**Exercise directions**
Check each line of the listing for the word "AreRevoked" and report how many lines contain it, giving nothing but the number.

**Input data**
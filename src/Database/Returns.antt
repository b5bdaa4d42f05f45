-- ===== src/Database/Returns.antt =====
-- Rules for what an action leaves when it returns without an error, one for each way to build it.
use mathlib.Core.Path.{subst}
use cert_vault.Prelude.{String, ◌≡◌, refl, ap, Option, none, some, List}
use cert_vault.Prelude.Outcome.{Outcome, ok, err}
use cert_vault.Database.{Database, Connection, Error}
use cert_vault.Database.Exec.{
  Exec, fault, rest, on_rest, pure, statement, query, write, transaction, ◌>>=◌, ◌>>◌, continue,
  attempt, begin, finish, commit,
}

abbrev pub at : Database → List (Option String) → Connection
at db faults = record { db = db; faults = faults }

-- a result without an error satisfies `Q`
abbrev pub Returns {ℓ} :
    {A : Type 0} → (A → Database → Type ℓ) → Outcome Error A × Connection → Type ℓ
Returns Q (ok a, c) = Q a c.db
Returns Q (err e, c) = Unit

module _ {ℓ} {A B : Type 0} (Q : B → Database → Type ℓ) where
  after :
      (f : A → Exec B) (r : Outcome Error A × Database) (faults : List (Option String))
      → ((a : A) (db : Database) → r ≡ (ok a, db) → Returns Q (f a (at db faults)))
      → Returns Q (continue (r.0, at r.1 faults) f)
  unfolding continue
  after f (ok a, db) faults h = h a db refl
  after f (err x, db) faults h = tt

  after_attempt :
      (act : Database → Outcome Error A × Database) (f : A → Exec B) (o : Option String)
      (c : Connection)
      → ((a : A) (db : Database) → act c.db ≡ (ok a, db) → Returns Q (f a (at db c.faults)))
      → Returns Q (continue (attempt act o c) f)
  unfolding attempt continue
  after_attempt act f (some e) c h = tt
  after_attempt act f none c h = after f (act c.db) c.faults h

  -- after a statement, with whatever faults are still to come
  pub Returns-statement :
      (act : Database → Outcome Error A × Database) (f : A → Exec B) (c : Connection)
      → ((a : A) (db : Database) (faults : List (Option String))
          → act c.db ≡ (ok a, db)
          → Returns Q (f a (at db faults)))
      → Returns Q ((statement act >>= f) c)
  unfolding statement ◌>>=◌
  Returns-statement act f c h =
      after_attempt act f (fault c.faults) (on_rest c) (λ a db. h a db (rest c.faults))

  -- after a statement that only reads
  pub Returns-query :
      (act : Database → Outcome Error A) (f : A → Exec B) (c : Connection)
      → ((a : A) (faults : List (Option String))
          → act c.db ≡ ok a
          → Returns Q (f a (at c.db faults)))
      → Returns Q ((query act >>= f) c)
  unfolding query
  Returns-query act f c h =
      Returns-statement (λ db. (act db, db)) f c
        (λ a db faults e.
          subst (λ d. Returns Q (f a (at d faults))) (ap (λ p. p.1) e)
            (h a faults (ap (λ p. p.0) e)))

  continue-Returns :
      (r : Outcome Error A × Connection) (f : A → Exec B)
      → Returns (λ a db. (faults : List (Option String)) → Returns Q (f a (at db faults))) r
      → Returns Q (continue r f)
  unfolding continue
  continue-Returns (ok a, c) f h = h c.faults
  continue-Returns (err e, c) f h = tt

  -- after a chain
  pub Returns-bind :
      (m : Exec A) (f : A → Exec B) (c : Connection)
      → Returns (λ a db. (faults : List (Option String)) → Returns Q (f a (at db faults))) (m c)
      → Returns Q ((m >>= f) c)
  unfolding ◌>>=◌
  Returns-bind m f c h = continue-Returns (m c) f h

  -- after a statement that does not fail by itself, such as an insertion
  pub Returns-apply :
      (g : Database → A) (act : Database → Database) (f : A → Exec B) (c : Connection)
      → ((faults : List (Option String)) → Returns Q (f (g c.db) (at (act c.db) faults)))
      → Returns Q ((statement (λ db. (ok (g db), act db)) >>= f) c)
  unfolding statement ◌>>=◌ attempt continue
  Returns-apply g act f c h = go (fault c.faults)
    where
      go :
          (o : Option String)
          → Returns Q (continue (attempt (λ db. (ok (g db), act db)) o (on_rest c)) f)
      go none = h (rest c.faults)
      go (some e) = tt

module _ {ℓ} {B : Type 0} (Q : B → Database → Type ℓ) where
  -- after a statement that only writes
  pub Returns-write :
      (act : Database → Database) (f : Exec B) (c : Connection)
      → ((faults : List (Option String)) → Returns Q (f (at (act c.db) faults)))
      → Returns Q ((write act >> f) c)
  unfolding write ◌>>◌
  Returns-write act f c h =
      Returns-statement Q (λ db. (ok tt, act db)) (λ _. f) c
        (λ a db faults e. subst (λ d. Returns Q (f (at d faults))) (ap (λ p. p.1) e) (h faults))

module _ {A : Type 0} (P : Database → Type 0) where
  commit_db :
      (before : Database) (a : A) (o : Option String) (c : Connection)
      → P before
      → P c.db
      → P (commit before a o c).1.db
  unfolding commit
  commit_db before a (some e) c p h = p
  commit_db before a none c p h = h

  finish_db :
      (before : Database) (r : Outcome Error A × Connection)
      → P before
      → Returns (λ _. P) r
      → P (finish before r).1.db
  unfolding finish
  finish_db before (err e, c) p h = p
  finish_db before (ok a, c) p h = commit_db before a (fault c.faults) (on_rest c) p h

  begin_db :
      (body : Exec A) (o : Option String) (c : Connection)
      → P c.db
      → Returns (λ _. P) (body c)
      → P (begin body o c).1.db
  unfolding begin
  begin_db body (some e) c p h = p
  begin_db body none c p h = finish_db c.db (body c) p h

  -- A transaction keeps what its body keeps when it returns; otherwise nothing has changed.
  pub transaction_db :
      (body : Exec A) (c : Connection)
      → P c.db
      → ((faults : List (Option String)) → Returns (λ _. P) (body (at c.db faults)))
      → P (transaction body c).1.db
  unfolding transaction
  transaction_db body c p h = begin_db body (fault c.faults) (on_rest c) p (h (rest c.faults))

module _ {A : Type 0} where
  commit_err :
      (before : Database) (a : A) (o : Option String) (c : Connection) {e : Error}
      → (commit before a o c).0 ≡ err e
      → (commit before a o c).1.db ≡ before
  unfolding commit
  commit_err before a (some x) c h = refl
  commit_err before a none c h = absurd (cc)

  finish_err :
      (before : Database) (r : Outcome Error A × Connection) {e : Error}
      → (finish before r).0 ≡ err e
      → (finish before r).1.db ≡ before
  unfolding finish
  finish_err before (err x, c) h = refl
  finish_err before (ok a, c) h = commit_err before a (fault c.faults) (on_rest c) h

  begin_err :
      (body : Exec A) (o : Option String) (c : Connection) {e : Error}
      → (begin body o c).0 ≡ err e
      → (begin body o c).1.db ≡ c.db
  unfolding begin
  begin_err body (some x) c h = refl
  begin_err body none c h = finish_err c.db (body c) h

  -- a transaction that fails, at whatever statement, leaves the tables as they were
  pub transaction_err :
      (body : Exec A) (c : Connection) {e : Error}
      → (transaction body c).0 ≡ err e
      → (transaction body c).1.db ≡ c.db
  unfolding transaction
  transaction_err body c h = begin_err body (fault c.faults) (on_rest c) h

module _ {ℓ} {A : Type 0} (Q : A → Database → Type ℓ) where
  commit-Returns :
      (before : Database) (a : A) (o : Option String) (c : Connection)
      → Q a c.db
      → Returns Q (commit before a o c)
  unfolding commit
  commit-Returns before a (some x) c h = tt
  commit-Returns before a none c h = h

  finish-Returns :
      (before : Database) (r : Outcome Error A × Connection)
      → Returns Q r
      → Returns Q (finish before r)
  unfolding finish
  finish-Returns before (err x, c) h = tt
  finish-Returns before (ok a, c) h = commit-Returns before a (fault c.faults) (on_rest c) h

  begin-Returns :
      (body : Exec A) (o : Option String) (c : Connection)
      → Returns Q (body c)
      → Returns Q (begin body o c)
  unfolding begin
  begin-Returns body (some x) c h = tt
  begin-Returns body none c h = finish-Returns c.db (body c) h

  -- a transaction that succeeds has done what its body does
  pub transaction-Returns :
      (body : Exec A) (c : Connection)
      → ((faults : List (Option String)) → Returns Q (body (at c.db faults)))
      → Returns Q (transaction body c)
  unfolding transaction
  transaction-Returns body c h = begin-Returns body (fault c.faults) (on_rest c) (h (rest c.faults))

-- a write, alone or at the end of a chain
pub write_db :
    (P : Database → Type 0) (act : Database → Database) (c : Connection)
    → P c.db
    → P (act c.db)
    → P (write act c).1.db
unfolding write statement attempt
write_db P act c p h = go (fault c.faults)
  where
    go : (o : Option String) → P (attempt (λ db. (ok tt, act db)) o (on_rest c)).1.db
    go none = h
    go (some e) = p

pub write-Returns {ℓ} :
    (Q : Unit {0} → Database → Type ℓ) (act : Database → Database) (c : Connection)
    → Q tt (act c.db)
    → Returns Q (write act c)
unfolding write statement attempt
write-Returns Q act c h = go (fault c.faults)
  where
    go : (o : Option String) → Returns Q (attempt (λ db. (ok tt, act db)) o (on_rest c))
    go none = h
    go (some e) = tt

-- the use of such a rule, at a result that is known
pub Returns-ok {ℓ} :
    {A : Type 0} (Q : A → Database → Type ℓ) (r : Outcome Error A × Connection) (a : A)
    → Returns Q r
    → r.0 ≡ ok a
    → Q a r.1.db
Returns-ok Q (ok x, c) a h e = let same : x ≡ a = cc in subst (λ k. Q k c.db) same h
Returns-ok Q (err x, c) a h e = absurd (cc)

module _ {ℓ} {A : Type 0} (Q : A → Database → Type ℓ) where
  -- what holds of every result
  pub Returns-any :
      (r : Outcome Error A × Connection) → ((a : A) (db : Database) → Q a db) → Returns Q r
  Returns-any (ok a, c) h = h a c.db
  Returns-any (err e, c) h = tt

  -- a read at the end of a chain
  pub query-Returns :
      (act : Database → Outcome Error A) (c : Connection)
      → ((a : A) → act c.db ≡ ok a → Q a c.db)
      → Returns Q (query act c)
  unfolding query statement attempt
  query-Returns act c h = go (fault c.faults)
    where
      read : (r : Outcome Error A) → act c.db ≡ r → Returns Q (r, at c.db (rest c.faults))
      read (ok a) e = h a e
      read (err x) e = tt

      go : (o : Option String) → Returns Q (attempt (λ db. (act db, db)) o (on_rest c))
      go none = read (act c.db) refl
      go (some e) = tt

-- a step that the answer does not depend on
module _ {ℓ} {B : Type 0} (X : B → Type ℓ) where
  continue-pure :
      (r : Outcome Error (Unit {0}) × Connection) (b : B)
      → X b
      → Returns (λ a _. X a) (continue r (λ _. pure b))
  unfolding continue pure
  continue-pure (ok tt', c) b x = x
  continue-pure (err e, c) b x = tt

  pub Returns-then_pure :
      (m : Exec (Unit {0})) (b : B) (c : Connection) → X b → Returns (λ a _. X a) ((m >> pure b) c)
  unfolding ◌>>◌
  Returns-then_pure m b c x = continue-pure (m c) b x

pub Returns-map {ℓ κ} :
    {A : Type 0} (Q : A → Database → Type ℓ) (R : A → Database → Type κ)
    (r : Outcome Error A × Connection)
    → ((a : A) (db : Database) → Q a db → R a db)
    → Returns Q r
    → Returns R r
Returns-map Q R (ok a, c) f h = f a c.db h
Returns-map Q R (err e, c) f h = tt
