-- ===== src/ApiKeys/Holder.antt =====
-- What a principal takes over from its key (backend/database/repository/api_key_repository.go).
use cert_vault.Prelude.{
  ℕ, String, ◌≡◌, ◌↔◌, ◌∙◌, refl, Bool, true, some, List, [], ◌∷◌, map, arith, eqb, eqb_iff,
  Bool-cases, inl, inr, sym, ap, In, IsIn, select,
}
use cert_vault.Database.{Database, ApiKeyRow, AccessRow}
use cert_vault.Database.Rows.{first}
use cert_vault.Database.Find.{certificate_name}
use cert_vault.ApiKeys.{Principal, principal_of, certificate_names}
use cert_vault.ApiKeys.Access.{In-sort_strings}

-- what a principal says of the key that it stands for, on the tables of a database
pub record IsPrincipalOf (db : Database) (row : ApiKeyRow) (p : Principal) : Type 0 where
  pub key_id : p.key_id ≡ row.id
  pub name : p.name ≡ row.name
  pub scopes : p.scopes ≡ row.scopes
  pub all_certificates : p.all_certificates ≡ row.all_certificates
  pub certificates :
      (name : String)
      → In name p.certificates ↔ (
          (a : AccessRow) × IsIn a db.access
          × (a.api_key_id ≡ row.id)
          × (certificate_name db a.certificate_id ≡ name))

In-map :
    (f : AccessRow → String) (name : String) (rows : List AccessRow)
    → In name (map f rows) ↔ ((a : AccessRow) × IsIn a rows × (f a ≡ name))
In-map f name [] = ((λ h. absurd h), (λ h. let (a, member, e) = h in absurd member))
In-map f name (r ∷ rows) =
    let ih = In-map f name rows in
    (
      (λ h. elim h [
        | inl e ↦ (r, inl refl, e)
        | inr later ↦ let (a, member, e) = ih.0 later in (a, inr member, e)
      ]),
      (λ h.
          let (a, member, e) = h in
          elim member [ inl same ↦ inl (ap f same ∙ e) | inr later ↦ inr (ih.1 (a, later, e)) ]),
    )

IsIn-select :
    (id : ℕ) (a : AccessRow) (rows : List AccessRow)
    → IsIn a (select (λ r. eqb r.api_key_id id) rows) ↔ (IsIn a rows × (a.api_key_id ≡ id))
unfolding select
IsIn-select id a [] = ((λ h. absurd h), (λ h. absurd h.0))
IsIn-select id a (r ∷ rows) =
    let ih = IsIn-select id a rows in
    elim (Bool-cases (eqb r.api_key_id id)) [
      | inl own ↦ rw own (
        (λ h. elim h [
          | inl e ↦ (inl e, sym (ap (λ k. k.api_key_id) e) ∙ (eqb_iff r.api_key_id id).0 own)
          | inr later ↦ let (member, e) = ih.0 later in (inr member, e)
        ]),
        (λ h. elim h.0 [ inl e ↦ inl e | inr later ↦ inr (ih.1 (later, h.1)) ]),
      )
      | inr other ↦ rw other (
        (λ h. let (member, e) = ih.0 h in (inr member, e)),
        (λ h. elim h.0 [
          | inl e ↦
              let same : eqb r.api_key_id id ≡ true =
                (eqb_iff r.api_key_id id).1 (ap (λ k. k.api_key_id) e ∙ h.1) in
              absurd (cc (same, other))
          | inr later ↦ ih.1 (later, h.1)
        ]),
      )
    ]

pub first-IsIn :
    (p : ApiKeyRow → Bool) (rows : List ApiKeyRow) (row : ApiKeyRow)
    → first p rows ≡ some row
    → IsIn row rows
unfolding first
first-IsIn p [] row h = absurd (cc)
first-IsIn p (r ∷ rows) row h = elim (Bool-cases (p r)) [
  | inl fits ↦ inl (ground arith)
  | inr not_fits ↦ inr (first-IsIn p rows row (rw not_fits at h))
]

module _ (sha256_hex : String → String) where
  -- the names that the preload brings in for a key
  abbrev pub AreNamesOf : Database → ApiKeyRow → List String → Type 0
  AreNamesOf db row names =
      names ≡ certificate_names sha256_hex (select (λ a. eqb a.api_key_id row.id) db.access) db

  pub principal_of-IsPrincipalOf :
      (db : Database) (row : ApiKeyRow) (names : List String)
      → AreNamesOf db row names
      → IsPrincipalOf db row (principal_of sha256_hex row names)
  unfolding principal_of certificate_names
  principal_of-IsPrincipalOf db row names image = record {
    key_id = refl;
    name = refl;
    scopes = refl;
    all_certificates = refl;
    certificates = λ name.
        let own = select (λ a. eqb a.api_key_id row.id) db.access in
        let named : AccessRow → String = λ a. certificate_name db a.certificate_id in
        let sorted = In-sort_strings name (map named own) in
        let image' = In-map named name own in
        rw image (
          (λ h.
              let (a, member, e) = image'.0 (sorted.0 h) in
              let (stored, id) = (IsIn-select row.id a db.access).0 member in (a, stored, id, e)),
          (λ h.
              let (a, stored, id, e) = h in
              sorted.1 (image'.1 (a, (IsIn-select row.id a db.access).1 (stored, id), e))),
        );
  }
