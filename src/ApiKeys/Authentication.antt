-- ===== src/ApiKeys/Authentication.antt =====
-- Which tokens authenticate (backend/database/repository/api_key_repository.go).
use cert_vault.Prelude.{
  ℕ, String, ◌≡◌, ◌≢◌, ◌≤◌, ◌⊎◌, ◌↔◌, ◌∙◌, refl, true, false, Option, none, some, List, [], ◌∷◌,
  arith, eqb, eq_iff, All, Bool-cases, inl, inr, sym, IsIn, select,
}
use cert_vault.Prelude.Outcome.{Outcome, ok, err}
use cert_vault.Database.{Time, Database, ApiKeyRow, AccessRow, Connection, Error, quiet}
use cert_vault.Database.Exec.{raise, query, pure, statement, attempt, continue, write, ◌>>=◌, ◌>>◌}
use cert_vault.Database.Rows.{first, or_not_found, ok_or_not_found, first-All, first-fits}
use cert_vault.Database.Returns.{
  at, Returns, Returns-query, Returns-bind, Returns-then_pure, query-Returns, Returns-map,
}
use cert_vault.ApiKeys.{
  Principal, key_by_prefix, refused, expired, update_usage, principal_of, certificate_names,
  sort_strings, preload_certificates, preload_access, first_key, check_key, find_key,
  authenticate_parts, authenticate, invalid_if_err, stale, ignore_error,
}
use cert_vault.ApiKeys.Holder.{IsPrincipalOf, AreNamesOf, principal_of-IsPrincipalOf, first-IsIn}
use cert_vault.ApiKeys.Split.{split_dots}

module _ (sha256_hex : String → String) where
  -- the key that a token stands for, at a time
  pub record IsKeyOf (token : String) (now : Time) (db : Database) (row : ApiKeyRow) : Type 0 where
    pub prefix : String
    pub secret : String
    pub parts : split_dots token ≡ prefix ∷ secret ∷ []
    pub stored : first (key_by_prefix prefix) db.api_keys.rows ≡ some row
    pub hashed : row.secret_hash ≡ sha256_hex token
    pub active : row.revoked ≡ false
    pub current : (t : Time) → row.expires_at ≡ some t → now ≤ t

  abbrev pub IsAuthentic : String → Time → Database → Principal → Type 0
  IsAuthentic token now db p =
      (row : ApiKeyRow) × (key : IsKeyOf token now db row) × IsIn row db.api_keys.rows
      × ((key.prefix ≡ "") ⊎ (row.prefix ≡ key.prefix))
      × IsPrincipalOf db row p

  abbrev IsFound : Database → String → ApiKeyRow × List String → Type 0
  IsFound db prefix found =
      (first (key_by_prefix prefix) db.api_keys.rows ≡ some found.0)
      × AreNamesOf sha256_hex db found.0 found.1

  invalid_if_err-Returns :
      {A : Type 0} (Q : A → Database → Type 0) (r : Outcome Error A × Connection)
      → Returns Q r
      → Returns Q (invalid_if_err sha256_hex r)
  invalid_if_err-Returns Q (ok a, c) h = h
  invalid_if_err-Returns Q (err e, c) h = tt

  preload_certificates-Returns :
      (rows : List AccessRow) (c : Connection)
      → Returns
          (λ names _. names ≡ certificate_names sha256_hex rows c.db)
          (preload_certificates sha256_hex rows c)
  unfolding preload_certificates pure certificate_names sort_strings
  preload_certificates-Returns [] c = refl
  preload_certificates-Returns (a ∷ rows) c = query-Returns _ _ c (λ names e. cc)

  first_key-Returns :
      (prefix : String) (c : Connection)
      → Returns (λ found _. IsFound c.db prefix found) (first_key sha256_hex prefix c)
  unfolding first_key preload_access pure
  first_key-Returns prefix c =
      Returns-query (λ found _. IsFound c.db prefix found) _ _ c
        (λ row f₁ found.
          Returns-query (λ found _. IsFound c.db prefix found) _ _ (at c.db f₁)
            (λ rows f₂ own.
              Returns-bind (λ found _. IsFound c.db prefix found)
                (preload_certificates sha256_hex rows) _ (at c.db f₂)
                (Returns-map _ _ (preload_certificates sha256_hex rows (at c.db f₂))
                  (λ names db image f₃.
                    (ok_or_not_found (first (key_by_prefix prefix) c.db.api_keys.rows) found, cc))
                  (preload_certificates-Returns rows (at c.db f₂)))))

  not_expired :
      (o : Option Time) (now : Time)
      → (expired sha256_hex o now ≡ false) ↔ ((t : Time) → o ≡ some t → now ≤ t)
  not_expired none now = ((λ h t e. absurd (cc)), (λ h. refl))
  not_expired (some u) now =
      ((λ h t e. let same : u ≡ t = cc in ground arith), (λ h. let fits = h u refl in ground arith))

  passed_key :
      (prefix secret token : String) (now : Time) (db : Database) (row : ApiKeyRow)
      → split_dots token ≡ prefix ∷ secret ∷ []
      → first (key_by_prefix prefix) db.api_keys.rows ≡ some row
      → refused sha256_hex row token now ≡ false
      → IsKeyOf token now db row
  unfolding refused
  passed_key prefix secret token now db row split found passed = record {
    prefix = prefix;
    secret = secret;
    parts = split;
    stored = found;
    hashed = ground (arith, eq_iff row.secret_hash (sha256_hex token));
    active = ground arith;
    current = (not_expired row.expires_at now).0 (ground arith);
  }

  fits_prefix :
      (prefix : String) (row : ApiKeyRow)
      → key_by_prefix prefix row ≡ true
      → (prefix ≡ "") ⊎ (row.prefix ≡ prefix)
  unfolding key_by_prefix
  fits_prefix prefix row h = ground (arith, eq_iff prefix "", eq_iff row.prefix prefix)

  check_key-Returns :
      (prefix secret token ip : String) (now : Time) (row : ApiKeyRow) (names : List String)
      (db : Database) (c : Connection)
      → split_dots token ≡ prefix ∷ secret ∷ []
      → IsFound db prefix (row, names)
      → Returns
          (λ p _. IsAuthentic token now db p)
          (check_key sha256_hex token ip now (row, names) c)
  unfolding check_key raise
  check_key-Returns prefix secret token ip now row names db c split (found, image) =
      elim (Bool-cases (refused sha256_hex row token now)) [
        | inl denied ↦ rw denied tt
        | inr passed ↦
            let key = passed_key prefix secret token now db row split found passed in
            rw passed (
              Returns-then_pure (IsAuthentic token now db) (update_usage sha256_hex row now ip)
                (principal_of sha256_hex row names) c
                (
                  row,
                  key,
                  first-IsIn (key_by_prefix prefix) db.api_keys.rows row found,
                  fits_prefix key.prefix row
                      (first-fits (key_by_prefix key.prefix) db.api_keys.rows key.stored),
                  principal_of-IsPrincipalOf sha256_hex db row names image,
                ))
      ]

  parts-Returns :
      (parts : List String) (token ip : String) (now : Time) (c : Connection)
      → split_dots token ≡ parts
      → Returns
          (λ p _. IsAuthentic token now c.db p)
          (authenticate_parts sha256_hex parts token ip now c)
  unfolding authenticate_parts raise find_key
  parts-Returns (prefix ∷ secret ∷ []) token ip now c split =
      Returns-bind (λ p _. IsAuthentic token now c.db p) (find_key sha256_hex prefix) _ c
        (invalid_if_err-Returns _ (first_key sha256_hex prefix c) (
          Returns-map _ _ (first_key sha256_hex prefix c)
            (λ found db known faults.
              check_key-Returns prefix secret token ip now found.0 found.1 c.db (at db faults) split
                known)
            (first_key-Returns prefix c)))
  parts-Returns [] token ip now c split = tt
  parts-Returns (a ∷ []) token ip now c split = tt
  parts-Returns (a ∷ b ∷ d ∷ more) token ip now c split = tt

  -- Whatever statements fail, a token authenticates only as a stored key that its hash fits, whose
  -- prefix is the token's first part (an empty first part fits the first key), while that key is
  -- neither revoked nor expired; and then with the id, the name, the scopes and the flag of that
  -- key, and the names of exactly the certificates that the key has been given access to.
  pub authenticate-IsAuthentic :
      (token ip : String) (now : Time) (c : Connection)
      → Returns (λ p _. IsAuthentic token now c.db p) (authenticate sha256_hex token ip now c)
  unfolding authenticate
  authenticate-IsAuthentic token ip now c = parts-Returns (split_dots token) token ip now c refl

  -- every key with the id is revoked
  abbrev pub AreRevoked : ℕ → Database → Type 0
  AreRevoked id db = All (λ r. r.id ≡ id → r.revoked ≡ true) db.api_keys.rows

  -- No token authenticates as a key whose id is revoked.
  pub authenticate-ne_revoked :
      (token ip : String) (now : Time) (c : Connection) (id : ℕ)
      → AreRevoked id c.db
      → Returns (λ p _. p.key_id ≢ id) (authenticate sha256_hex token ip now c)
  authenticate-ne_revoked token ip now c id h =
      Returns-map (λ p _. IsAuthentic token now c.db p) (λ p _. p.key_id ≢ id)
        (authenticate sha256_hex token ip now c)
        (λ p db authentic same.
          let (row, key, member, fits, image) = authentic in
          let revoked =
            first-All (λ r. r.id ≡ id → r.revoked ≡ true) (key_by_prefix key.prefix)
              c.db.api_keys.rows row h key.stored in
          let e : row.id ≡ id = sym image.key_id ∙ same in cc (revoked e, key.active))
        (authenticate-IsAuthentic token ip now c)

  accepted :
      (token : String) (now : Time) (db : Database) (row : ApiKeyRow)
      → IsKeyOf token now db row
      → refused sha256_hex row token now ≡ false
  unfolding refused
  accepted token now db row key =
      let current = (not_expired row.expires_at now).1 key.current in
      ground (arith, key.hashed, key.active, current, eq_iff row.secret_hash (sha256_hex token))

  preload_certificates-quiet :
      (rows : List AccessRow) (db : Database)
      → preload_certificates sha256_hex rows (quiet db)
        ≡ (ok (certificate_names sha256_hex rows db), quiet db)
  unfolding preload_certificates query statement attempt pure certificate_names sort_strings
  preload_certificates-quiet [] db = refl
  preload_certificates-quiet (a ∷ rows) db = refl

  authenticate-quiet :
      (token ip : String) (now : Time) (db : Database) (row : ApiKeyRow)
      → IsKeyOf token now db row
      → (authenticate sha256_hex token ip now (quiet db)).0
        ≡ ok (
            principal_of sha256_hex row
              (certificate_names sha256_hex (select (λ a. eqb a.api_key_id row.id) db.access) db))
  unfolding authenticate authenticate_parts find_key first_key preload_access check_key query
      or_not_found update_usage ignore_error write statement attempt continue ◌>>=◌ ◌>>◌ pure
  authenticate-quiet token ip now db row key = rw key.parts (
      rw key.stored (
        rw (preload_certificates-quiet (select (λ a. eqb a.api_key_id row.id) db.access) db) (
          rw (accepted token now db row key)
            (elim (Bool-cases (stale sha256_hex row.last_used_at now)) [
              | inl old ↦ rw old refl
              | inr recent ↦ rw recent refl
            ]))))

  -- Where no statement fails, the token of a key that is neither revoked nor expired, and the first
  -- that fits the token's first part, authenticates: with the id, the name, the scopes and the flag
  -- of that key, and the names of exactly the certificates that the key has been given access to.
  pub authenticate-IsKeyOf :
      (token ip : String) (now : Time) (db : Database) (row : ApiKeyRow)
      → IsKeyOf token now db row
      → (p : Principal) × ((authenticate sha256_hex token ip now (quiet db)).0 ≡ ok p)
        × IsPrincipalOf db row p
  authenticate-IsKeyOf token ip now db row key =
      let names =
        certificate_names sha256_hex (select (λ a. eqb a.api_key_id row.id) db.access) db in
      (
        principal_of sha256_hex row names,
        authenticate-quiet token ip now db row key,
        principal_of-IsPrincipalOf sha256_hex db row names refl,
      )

**Expected answer**
3